Mio padre, stanco di sentirmi urlare, uscì di nascosto a mia madre e mi lavò alla bell'e meglio, mi prese in braccio e mi mise a letto.
"Papà, sono tutte cattive le mamme del mondo?", gli chiesi.
"Tua madre ti ama tanto. A volte non lo vedi ma l'amore ha diverse forme, anche quelle che ti sembrano lontanissimo dall'esserlo. Tua madre ti ha regalato una cosa che crescerà con te, il consapevole senso di responsabilità che domani non ti farà ripetere quello che hai fatto oggi. Vero?"
Che occhi profondi ha mio padre, profondi e dolci. Le mani chiare e scure, grandi e affusolate, ricche di segreti e piene di lavoro.
"Papà, com'è fatto il mondo?"
"Il mondo.. il mondo è una palla gigantesca che gira come se qualcuno le desse dei colpetti."
"No papà, come sono le persone del mondo? Io ho paura"
"Perchè hai paura delle cose che non conosci? Apri gli occhi nel buio e se c'è qualcosa che ti spaventa allora reagisci. Ci saranno occasioni in cui le parole faranno più male di uno schiaffo. Devi avere sempre gli occhi aperti e la forza di guidare la tua barca anche nella tempesta".
Mio padre non mi aveva mai parlato così e avrei voluto non smettesse. I miei occhi parlavano per le parole che non avevo.

"Una volta mio padre mi raccontò la storia di un vecchio uomo che a sua volta era padre e un giovane figlio, molto intelligente come te ma con una differenza: era molto ingenuo e non ragionava mai con la sua testa, ogni volta che qualcuno esprimeva un parere, una critica o un pensiero su di una determinata cosa, egli se ne appropriava come fosse suo. Una volta il giovane figlio chiese all'anziano padre: "com'è il mondo fuori?" ed egli cercò il modo di dimostrarglielo per far sì che il ragazzo capisse e ci arrivasse con la sua testa.
"Sella l'asino" gli disse, "dobbiamo andare in un posto".
I due si misero in cammino, uno accanto all'altro, al passo dell'asino, privandosi della possibilità di un passaggio. Arrivati al primo villaggio, li videro due uomini seduti all'ombra di una tettoia. "Ma guarda quei due, hanno un asino che possa portare il vecchio e non ne approfittano!".

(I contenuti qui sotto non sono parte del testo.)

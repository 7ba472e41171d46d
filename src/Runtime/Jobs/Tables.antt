-- ===== src/Runtime/Jobs/Tables.antt =====
-- The tables of src/app/infra/models.py that the job store reads and writes.
use edufurther_agent_be.Base.{ℕ, Option, List, Text}
use edufurther_agent_be.Json.{Fields}
use edufurther_agent_be.Runtime.Retries.{JobState, ErrorClass}

-- `agent_jobs`
pub record AgentJob : Type 0 where
  pub job_id : ℕ  -- a UUID by its integer, which orders it too
  pub product_id : Text
  pub use_case_id : Text
  pub input_reference : Text
  pub correlation_id : Text
  pub idempotency_key : Text
  pub workflow_version : Text
  pub state : JobState
  pub attempts : ℕ
  pub payload : Fields
  pub last_error : Option Text
  pub next_attempt_at : Option ℕ
  pub lease_expires_at : Option ℕ
  pub expires_at : Option ℕ

-- `agent_job_attempts`
pub record AgentJobAttempt : Type 0 where
  pub attempt_id : ℕ
  pub job_id : ℕ
  pub attempt_number : ℕ
  pub finished_at : Option ℕ
  pub outcome_state : Option JobState
  pub error_class : Option ErrorClass
  pub error : Option Text

-- `agent_errors`
pub record AgentError : Type 0 where
  pub job_id : ℕ
  pub attempt_number : Option ℕ
  pub error_class : ErrorClass
  pub message : Text

-- `agent_outputs`: the payload of the workflow's own row
pub record AgentOutput : Type 0 where
  pub job_id : ℕ
  pub node : Text
  pub candidate_key : Text
  pub outcome : Option Text
  pub notes : List Text
  pub uncertainty_reasons : List Text

pub record Db : Type 0 where
  pub jobs : List AgentJob
  pub attempts : List AgentJobAttempt
  pub errors : List AgentError
  pub outputs : List AgentOutput

-- What a submission gives of a job's row.
pub record JobRequest : Type 0 where
  pub product_id : Text
  pub use_case_id : Text
  pub input_reference : Text
  pub correlation_id : Text
  pub idempotency_key : Text
  pub workflow_version : Text
  pub payload : Fields
  pub expires_at : Option ℕ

Il giovane, intimorito e vergognandosi di non averci pensato, aiutò il padre a cavalcare l'asino.
Arrivarono al secondo villaggio e ancora furono oggetto delle parole degli abitanti del posto: "ma guarda quel vecchio, non si rende conto di aver ormai passato in agio tutta la vita e che è ora che sia il ragazzo a riposare sull'asino?".
Il ragazzo guardò il padre e prese il suo posto.
Al terzo villaggio, un gruppo di donne che lavavano i panni presso la fontana dissero loro che non erano furbi, se non cavalcavano entrambi un asino così possente per ritemprarsi un po'. Il giovane aiutò silenziosamente il padre a salire e proseguirono.
Passarono per alcune campagne, dove un gruppo di contadine li additarono accusandoli di poca sensibilità e mancanza di fibra morale, per star appesantendo in quel modo un povero animale come l'asino.
Il ragazzo a quel punto guardò il padre e scoppiò a ridere. Il vecchio padre lo prese tra le braccia e gli sussurrò "chi cerca di accontentare tutti scontenterà il mondo intero, perché non esistono e non sono mai esistite due persone che la pensano allo stesso modo. Così è fatto il mondo!".

Ho recuperato così mio padre. Ho aperto gli occhi e mi sentivo leggero, sentivo che mi tendeva la mano e mi gridava "Amal! Amal!" mentre l'acqua mi trascinava con sè nella dolce danza delle onde."